--- INSTRUCTIONS FOR THE TASK ---
Among the records that follow, find each line holding the word "Option" and copy it.

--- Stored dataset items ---
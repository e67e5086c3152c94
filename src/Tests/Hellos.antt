-- ===== src/Tests/Hellos.antt =====
-- A ClientHello for the host "a." over two TLS records.
use ntwire.Base.{◌≡◌, refl, [], ◌∷◌, arith, take, drop}
use ntwire.Base.{ok}
use ntwire.Relay.Sni.{Bytes, normalize_sni, parse_client_hello}
use ntwire.Relay.Sni.Encoding.{Hello, encode, IsWellFormed, parse_client_hello-encode}
use ntwire.Relay.Sni.Peek.{peek_client_hello}
use ntwire.Relay.Sni.Replay.{IsFinal, peek_client_hello-IsFinal}
use ntwire.Relay.Sni.Fragments.{message, tls_records, found, peek_client_hello-tls_records}

abbrev hello : Hello
hello = record {
  opening =
      3 ∷ 3 ∷ 0 ∷ 0 ∷ 0 ∷ 0 ∷ 0 ∷ 0 ∷ 0 ∷ 0 ∷ 0 ∷ 0 ∷ 0 ∷ 0 ∷ 0 ∷ 0 ∷ 0 ∷ 0 ∷ 0 ∷ 0 ∷ 0 ∷ 0 ∷ 0 ∷ 0
      ∷ 0 ∷ 0 ∷ 0 ∷ 0 ∷ 0 ∷ 0 ∷ 0 ∷ 0 ∷ 0 ∷ 0 ∷ [];
  session_id = 9 ∷ [];
  suites = 19 ∷ 1 ∷ [];
  methods = 0 ∷ [];
  others = (16, 1 ∷ []) ∷ [];
  reserved = [];
  host = 97 ∷ 46 ∷ [];
  more_names = [];
  more_extensions = [];
}

hello-IsWellFormed : IsWellFormed hello
hello-IsWellFormed = record {
  opening_34 = refl;
  others_other = (omega arith, tt);
  reserved_other = tt;
}

abbrev lower : Bytes → Bytes
lower s = s

parse_client_hello-encode_example :
    parse_client_hello lower (encode hello) ≡ ok (normalize_sni lower (97 ∷ 46 ∷ []))
parse_client_hello-encode_example = parse_client_hello-encode lower hello hello-IsWellFormed

peek_client_hello-tls_records_example :
    peek_client_hello lower
      (tls_records (take 20 (message hello) ∷ drop 20 (message hello) ∷ []) (7 ∷ []))
    ≡ ok (
        found lower hello
          (tls_records (take 20 (message hello) ∷ drop 20 (message hello) ∷ []) [])
          (7 ∷ []))
peek_client_hello-tls_records_example =
    peek_client_hello-tls_records lower hello (take 20 (message hello))
      (drop 20 (message hello) ∷ []) (7 ∷ []) hello-IsWellFormed (omega arith, tt) refl
      (omega arith) (omega arith)

peek_client_hello-IsFinal_example : IsFinal (peek_client_hello lower (22 ∷ 3 ∷ 1 ∷ 0 ∷ 0 ∷ []))
peek_client_hello-IsFinal_example = peek_client_hello-IsFinal lower (22 ∷ 3 ∷ 1 ∷ 0 ∷ 0 ∷ [])
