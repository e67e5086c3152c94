-- ===== src/Tests/Limiters.antt =====
-- Inputs for the limiters of pkg/authlimit.
use ntwire.Base.{
  ◌≡◌, refl, false, [], ◌∷◌, arith, length, tally, lookup, delete, insert, string_discrete,
}
use ntwire.AuthLimit.Nonces.{new_nonce_cache, use_nonce}
use ntwire.AuthLimit.Nonces.Bounds.{new_nonce_cache-IsBounded}
use ntwire.AuthLimit.Nonces.Replay.{replay_refused, present}
use ntwire.AuthLimit.Sources.{SourceLimiter, allow}
use ntwire.AuthLimit.Sources.Bounds.{allow_exceeds_small_size}
use ntwire.AuthLimit.Sources.Limits.{allowed-eq, allowed}

replay_refused_example :
    (use_nonce 9 "n" (present (use_nonce 7 "n" (new_nonce_cache 10 2)).0 ((8, "m") ∷ []))).1 ≡ false
unfolding use_nonce new_nonce_cache string_discrete lookup tally insert delete
replay_refused_example =
    replay_refused 7 9 "n" (new_nonce_cache 10 2) ((8, "m") ∷ []) (new_nonce_cache-IsBounded 10 2)
      refl (omega arith, tt) (omega arith) (omega arith)

abbrev limiter : SourceLimiter
limiter = record {
  limit = 3;
  window = 60;
  max = 10;
  sources = ("a", record { n = 1; since = 5 }) ∷ [];
  sweep_at = 70;
}

allowed-eq_example : allowed "a" limiter ((6, "a") ∷ (7, "b") ∷ (8, "a") ∷ (9, "a") ∷ []) ≡ 2
unfolding lookup string_discrete
allowed-eq_example =
    allowed-eq ((6, "a") ∷ (7, "b") ∷ (8, "a") ∷ (9, "a") ∷ []) "a" (record { n = 1; since = 5 })
      limiter (omega arith) refl (omega arith)
      (omega arith, (omega arith, (omega arith, (omega arith, tt))))

abbrev small : SourceLimiter
small = record {
  limit = 3;
  window = 60;
  max = 1;
  sources = ("a", record { n = 1; since = 5 }) ∷ [];
  sweep_at = 70;
}

allow_exceeds_small_size_example : length (allow 9 "b" small).0.sources ≡ 2
unfolding lookup string_discrete
allow_exceeds_small_size_example =
    allow_exceeds_small_size 9 "b" small (omega arith) (omega arith) refl (omega arith, tt) refl
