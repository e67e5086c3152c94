-- ===== src/Tests/NativeRelays.antt =====
-- Inputs for the native WireGuard relay, pkg/relay/nativewg.go.
use ntwire.Base.{
  list_discrete, ℕ, zero, suc, some, ◌≤◌, ◌≡◌, refl, none, [], ◌∷◌, ℕ_discrete, length, lookup,
  delete, insert, string_discrete,
}
use ntwire.Relay.Udp.Frames.{Bytes, decode_control_frame}
use ntwire.Relay.Udp.Session.{AddrPort, AddrPort-discrete}
use ntwire.Relay.NativeWireguard.{
  NativeWgRelay, new_native_wg_relay, issue, remove, handle, write_entry, native_wg_max_indices,
  without_tenant, associate, from_server, from_client, learn, is_server, valid_wg_packet, reserve,
  record_pair,
}
use ntwire.Relay.NativeWireguard.Tokens.{
  Reach, start, call, issues, handles, after_datagrams, revoked_token,
}
use ntwire.Relay.NativeWireguard.Forwarding.{IsPermitted, handle-IsPermitted}
use ntwire.Relay.NativeWireguard.Bounds.{maps_bounded}

abbrev zeros : ℕ → Bytes
zeros zero = []
zeros (suc n) = 0 ∷ zeros n

-- 32 bytes, as `issue` draws
abbrev token : Bytes
token = 1 ∷ 2 ∷ zeros 30

abbrev sender : AddrPort
sender = record { addr = "192.0.2.1"; port = 51820 }

abbrev issued : NativeWgRelay
issued = issue "acme" token new_native_wg_relay

issued-Reach : Reach issued
unfolding new_native_wg_relay lookup list_discrete ℕ_discrete
issued-Reach = call _ _ start (issues "acme" token new_native_wg_relay refl)

revoked_token_example :
    lookup string_discrete "acme"
      (after_datagrams
        ((5, 0 ∷ 78 ∷ 84 ∷ 87 ∷ 6 ∷ token, sender) ∷ [])
        (remove "acme" token issued)).servers
    ≡ none
unfolding issue new_native_wg_relay lookup insert without_tenant delete list_discrete ℕ_discrete
revoked_token_example =
    revoked_token issued "acme" token ((5, 0 ∷ 78 ∷ 84 ∷ 87 ∷ 6 ∷ token, sender) ∷ []) issued-Reach
      refl

abbrev server : AddrPort
server = record { addr = "198.51.100.7"; port = 51820 }

abbrev associated : NativeWgRelay
associated = (handle 1 (0 ∷ 78 ∷ 84 ∷ 87 ∷ 6 ∷ token) server issued).0

-- a handshake initiation of index 7, and the response to it
abbrev initiation : Bytes
initiation = 1 ∷ 0 ∷ 0 ∷ 0 ∷ 7 ∷ zeros 143

abbrev response : Bytes
response = 2 ∷ 0 ∷ 0 ∷ 0 ∷ 9 ∷ 0 ∷ 0 ∷ 0 ∷ 7 ∷ zeros 83

abbrev initiated : NativeWgRelay
initiated = (handle 2 initiation sender associated).0

initiated-Reach : Reach initiated
initiated-Reach =
    call _ _ (call _ _ issued-Reach (handles 1 (0 ∷ 78 ∷ 84 ∷ 87 ∷ 6 ∷ token) server issued))
      (handles 2 initiation sender associated)

-- The server's response goes back to the client that sent the initiation.
handle-IsPermitted_example : IsPermitted 3 response server initiated (some (response, sender))
unfolding handle decode_control_frame valid_wg_packet associate from_server from_client is_server
    learn write_entry reserve record_pair issue new_native_wg_relay lookup insert without_tenant
    delete list_discrete ℕ_discrete string_discrete AddrPort-discrete
handle-IsPermitted_example = handle-IsPermitted 3 response server initiated initiated-Reach

maps_bounded_example :
    (length issued.indices.entries ≤ native_wg_max_indices)
    × (length issued.pairs.entries ≤ native_wg_max_indices)
maps_bounded_example = maps_bounded issued issued-Reach
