-- ===== src/Tests/Paths.antt =====
-- Inputs for the multipath scheduler, its duplicate cache and its probes, pkg/wstransport.
use ntwire.Multipath.RateLimiter.{
  ByteRateLimiter, new_byte_rate_limiter, granted, granted_within, end_of, billion,
}
use ntwire.Multipath.Bind.{MultipathBind, IsDelivery, send, send-IsDelivery}
use ntwire.Base.{
  Bool, [], arith, delete, false, inl, insert, length, list_discrete, lookup, refl, refuted, some,
  string_discrete, true, ℕ, ℕ_discrete, ◌*◌, ◌+◌, ◌-◌, ◌<◌, ◌∷◌, ◌≡◌, ◌≤◌,
}
use ntwire.Multipath.Transports.{path_direct, path_udp_relay}
use ntwire.Multipath.Candidate.{Candidate, Loss, new_candidate, probed, note_probe, answer}
use ntwire.Multipath.Candidate.Window.{
  after_probes, after_probes_refines, newest, outcomes, window_loss,
}
use ntwire.Multipath.Scheduler.{
  Scheduler, new_scheduler, register, probe_result, values, select, on_candidate,
}
use ntwire.Multipath.Scheduler.Selection.{Selects, select-Selects}
use ntwire.Multipath.Scheduler.Sound.{IsSound}
use ntwire.Multipath.Scheduler.Steps.{Reach, start, call, registers, probes, scheduler-IsSound}
use ntwire.Multipath.Scheduler.Failover.{
  IsReachable, IsTaken, missed_thrice, select-IsReachable, fail_over,
}
use ntwire.Relay.Udp.Frames.{Bytes, encode_control_frame}
use ntwire.Multipath.Duplicates.{
  new_duplicate_cache, transport_key, seen, Passed, only_repeats_suppressed, seen_key, remember,
  evict_one,
}
use ntwire.Multipath.PathMtu.{
  frame_path_mtu_probe, encode_path_mtu_probe, decode_path_mtu_probe, encode_path_mtu_ack,
  decode_path_mtu_ack, path_mtu_exchange,
}

after_probes_refines_example :
    (after_probes (new_candidate "direct-udp" path_direct) ((5, true, 1) ∷ (0, false, 2) ∷ [])).loss
    ≡ window_loss (newest (outcomes ((5, true, 1) ∷ (0, false, 2) ∷ [])))
after_probes_refines_example =
    after_probes_refines "direct-udp" path_direct (5, true, 1) ((0, false, 2) ∷ [])

abbrev no_penalty : Loss → ℕ
no_penalty l = 0

abbrev one_path : Scheduler
one_path = probe_result "direct-udp" 5 true 1 (register "direct-udp" path_direct new_scheduler)

abbrev two_paths : Scheduler
two_paths = probe_result "udp-relay" 9 true 2 (register "udp-relay" path_udp_relay one_path)

two_paths-Reach : Reach no_penalty two_paths
two_paths-Reach =
    let a = call _ _ start (registers "direct-udp" path_direct new_scheduler) in
    let b =
      call _ _ a (probes "direct-udp" 5 1 true (register "direct-udp" path_direct new_scheduler)) in
    let c = call _ _ b (registers "udp-relay" path_udp_relay one_path) in
    call _ _ c (probes "udp-relay" 9 2 true (register "udp-relay" path_udp_relay one_path))

abbrev direct : Candidate
direct = probed 5 true 1 (new_candidate "direct-udp" path_direct)

abbrev relayed : Candidate
relayed = probed 9 true 2 (new_candidate "udp-relay" path_udp_relay)

scheduler-IsSound_example : IsSound two_paths
scheduler-IsSound_example = scheduler-IsSound no_penalty two_paths two_paths-Reach

select-IsReachable_example : IsReachable two_paths (select no_penalty two_paths).1.primary
select-IsReachable_example = select-IsReachable no_penalty two_paths two_paths-Reach

select-Selects_example :
    Selects no_penalty two_paths (select no_penalty two_paths) (values two_paths.candidates)
unfolding probe_result on_candidate register probed answer note_probe new_candidate insert delete
    list_discrete ℕ_discrete lookup string_discrete new_scheduler
select-Selects_example = select-Selects no_penalty two_paths relayed (inl refl) refl

fail_over_example :
    IsTaken
      (missed_thrice "direct-udp" 7 two_paths)
      "direct-udp"
      (select no_penalty (missed_thrice "direct-udp" 7 two_paths)).1.primary
unfolding probe_result on_candidate register probed answer note_probe new_candidate insert delete
    list_discrete ℕ_discrete lookup string_discrete new_scheduler
fail_over_example =
    fail_over no_penalty two_paths "direct-udp" "udp-relay" direct relayed 7 two_paths-Reach refl
      refl refl (refuted (string_discrete "udp-relay" "direct-udp") refl)

-- a transport packet
abbrev packet : Bytes
packet = 4 ∷ 0 ∷ 0 ∷ 0 ∷ 1 ∷ 2 ∷ 3 ∷ 4 ∷ 5 ∷ 6 ∷ 7 ∷ 8 ∷ 9 ∷ 10 ∷ 11 ∷ 12 ∷ 13 ∷ []

abbrev packet_key : Bytes
packet_key = 1 ∷ 2 ∷ 3 ∷ 4 ∷ 5 ∷ 6 ∷ 7 ∷ 8 ∷ 9 ∷ 10 ∷ 11 ∷ 12 ∷ []

only_repeats_suppressed_example :
    (k : Bytes) × (e : ℕ) × (transport_key packet ≡ some k)
    × (12 < e)
    × Passed (new_duplicate_cache 8 10).ttl k e ((packet, 5) ∷ [])
unfolding seen seen_key remember evict_one transport_key new_duplicate_cache insert delete lookup
    list_discrete ℕ_discrete
only_repeats_suppressed_example = only_repeats_suppressed 8 10 ((packet, 5) ∷ []) packet 12 refl

path_mtu_exchange_example :
    (b : Bytes) × (encode_path_mtu_probe packet_key 1400 ≡ some b)
    × (length (encode_control_frame frame_path_mtu_probe b) ≡ 1400)
    × (decode_path_mtu_probe b ≡ (record { nonce = packet_key; target = 1400 }, true))
    × (decode_path_mtu_ack (encode_path_mtu_ack packet_key 1400)
        ≡ (record { nonce = packet_key; target = 1400 }, true))
path_mtu_exchange_example = path_mtu_exchange packet_key 1400 refl (omega arith) (omega arith)

abbrev limited : ByteRateLimiter
limited = new_byte_rate_limiter 100 0

granted_within_example :
    granted ((60, 0) ∷ (60, 10) ∷ (30, 20) ∷ []) limited * billion
    ≤ (billion + (end_of 0 ((60, 0) ∷ (60, 10) ∷ (30, 20) ∷ []) - 0)) * 100
granted_within_example =
    granted_within 100 0 ((60, 0) ∷ (60, 10) ∷ (30, 20) ∷ []) (omega arith)
      (omega arith, (omega arith, (omega arith, tt)))

abbrev bind_of_two : MultipathBind ℕ
bind_of_two = record {
  scheduler = two_paths;
  paths = ("direct-udp", 1) ∷ ("udp-relay", 2) ∷ [];
  relay_sent_bytes = 0;
  relay_sent_packets = 0;
  dup_limiter = limited;
}

abbrev always : ℕ → Bool
always e = true

send-IsDelivery_example :
    IsDelivery 30
      (packet ∷ [])
      (select no_penalty two_paths).1
      bind_of_two
      (send always 30 (packet ∷ []) no_penalty bind_of_two).1
send-IsDelivery_example =
    send-IsDelivery always 30 (packet ∷ []) no_penalty bind_of_two two_paths-Reach
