-- ===== src/Tests/Payloads.antt =====
-- Inputs for the signed payloads of pkg/protocol.
use ntwire.Base.{refl, Option, none, some, [], ◌∷◌}
use ntwire.Protocol.Payload.{
  Bytes, RelayRegisterRequest, AuthRequest, signing_payload, write_fields, write_payload,
}
use ntwire.Protocol.Payload.Binding.{signing_payload_binds, SameSigned}

abbrev registration : RelayRegisterRequest
registration = record {
  version = 1;
  public_key = 1 ∷ 2 ∷ [];
  name = 3 ∷ [];
  timestamp = 4 ∷ [];
  nonce = 5 ∷ 6 ∷ [];
}

abbrev authentication : AuthRequest
authentication = record {
  version = 1;
  public_key = 1 ∷ [];
  wireguard_public_key = 2 ∷ [];
  timestamp = 4 ∷ [];
  nonce = 5 ∷ [];
  info = record {
    os = 7 ∷ [];
    arch = [];
    hostname = [];
    username = [];
    client_version = [];
    extra = (2 ∷ [], 3 ∷ []) ∷ (1 ∷ [], 4 ∷ []) ∷ [];
  };
}

abbrev or_empty : Option Bytes → Bytes
or_empty none = []
or_empty (some b) = b

signing_payload_binds_example : SameSigned authentication authentication
unfolding signing_payload write_payload write_fields
signing_payload_binds_example =
    signing_payload_binds authentication authentication (or_empty (signing_payload authentication))
      refl refl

--- FINISHED EXERCISE ---
use ntwire.Base.{refl, Option, none, some, [], ◌∷◌}
abbrev or_empty : Option Bytes → Bytes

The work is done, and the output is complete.